Два услужливые солдатика, которые подоспели на этот случай, взяли его, погнули как надо, чтобы усадить в сани, и поезд чрез пару секунд остановился у святых ворот, или, как в Киеве говорят, у
святой брамы.
Тут не пером описать то, что начало делаться с евреем, пока дошло до конца дело: он делал поклоны и реверансы не только встречным живым инокам, но даже и стенным изображениям, которые, вероятно, производили на него свое впечатление, и все вздыхал.
Подслеповатый инок, сидевший под брамою с кропилом за чашею святой воды, покропил его, — он обтерся и пошел за своим вождем далее.
Теперь надо было уже получить доступ к митрополиту, представиться ему и ждать: чем он обрадует?
Друкарт все, конечно, обдумал, как ему исполнить возложенное на него поручение: он хотел оставить еврея где будет удобно внизу и велеть доложить митрополиту об одном себе и единолично, спокойно и последовательно изложить все дело и, насколько возможно, склонить доброго старца к состраданию к несчастному интролигатору: а там, разумеется, — что будет, то будет.
Не знаю, вышло бы хорошо или худо, если бы дело пошло таким образом, по объясненному, рассчитанному плану; но все это никуда не годилось, потому что с верхов для развязки всей этой истории учрежден был другой план.
Напоминаю, что это было в самый превосходный, погожий день. Покойный владыка Филарет тогда уже был близок к закату дней и постоянно прихварывал, и даже очень мучительно и тяжко. Страдания его облегчал профессор Вл. Аф. Караваев, а еще чаще его помощник, г. Заславский, которого покойный в шутку звал «отец Заславский». Промежутки, когда он был здоровее и мог обходиться без визитов «отца Заславского», были непродолжительны и нечасты, но, однако, бывали — и тогда он бодрился и даже выходил на воздух.
Жид и его предстатель как раз попали на такой случай: не успели они, обогнув колокольню, завернуть вправо к митрополитским покоям, как увидали у дверей на помосте небольшую группу чернецов, — кажется, по рассказу, человека три или четыре, и между ними сам владыка.
Выйдя на короткое, вероятно, время вздохнуть мягким воздухом прекрасного дня, митрополит был без клобука и всяких других знаков своего сана — по-домашнему, в теплой шубке и мягеньком колпачке, но Друкарт узнал его издали и, поклонясь, подошел и начал излагать цель своего посольства.
Митрополит слушал, не обнаруживая никакого внимания и прищуривая прозрачные, тогда уже потемневшие веки своих глаз, и все смотрел на крышу одного из куполов великой церкви, по которому на угреве расположились голуби, галки и воробьи. По-видимому, его как будто очень занимали птицы, но когда Друкарт досказал ему историю — как наемщик обманул своего нанимателя, он тихонько улыбнулся и проговорил:
— Ишь ты, вор у вора дубинку украл, — и, покачав головою, опять продолжал смотреть на птичек.
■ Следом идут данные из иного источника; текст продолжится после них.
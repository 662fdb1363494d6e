-- ===== src/Grep/Tests.antt =====
-- The matcher on concrete texts, and the theorems about it applied to them.
use cs461_hw.Base.{ℕ, ◌≡◌, refl, ◌↔◌, true, false, List, [], ◌∷◌}
use cs461_hw.Grep.{matchstar, at_end, one, matchhere, anywhere, matches}
use cs461_hw.Grep.Matching.{Here, Meaning, matchhere_iff, matches_iff}

-- "^ab*c$"
abbrev anchored : List ℕ
anchored = b'^' ∷ b'a' ∷ b'b' ∷ b'*' ∷ b'c' ∷ b'$' ∷ []

abbrev abbc : List ℕ
abbc = b'a' ∷ b'b' ∷ b'b' ∷ b'c' ∷ []

anchored-abbc : matches anchored abbc ≡ true
unfolding matches anywhere matchhere one at_end matchstar
anchored-abbc = refl

anchored_later : matches anchored (b'x' ∷ abbc) ≡ false
unfolding matches anywhere matchhere one at_end matchstar
anchored_later = refl

matchhere_iff_example :
    (matchhere (b'b' ∷ b'*' ∷ b'c' ∷ []) abbc ≡ true) ↔ Here (b'b' ∷ b'*' ∷ b'c' ∷ []) abbc
matchhere_iff_example = matchhere_iff (b'b' ∷ b'*' ∷ b'c' ∷ []) abbc

matches_iff_example : (matches anchored abbc ≡ true) ↔ Meaning anchored abbc
matches_iff_example = matches_iff anchored abbc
— Владыко, — говорил ему между тем Друкарт, — это дело теперь в таком положении… — и он изложил все известное нам положение.
Митрополит молчал и по-прежнему вдыхал в себя воздух и смотрел на птиц.
Положение посла становилось затруднительно, — он еще рассказал что-то и умолк; владыка тоже молчал и смотрел на птичек.
— Что прикажете доложить князю, ваше высокопреосвященство, — снова попытался так Друкарт. — Его сиятельство усердно вас просит, так как закон ставит его в невозможность…
— Закон… в невозможность… меня просит! — как бы вслух подумал митрополит и вдруг неожиданно перевел глаза на интролигатора, который, страшно беспокоясь, стоял немного поодаль перед ним в согбенной позе…
Слабые веки престарелого владыки опустились и опять поднялись, и нижняя челюсть задвигалась.
— А? что же мне с тобою делать, жид! — протянул он и добавил вопросительно: — а? Ишь ты, какой дурак!
Дергавшийся на месте интролигатор, заслышав обращенное к нему слово, так и рухнулся на землю и пошел извиваться, рыдая и лепеча опять: «Иешу! Иешу! Ганоцри! Ганоцри!»
— Что ты, глупый, кричишь? — проговорил митрополит.
— Ой, васе… ой, васе… васе высокопреосвященство… коли же… коли же никто… никто… як ви…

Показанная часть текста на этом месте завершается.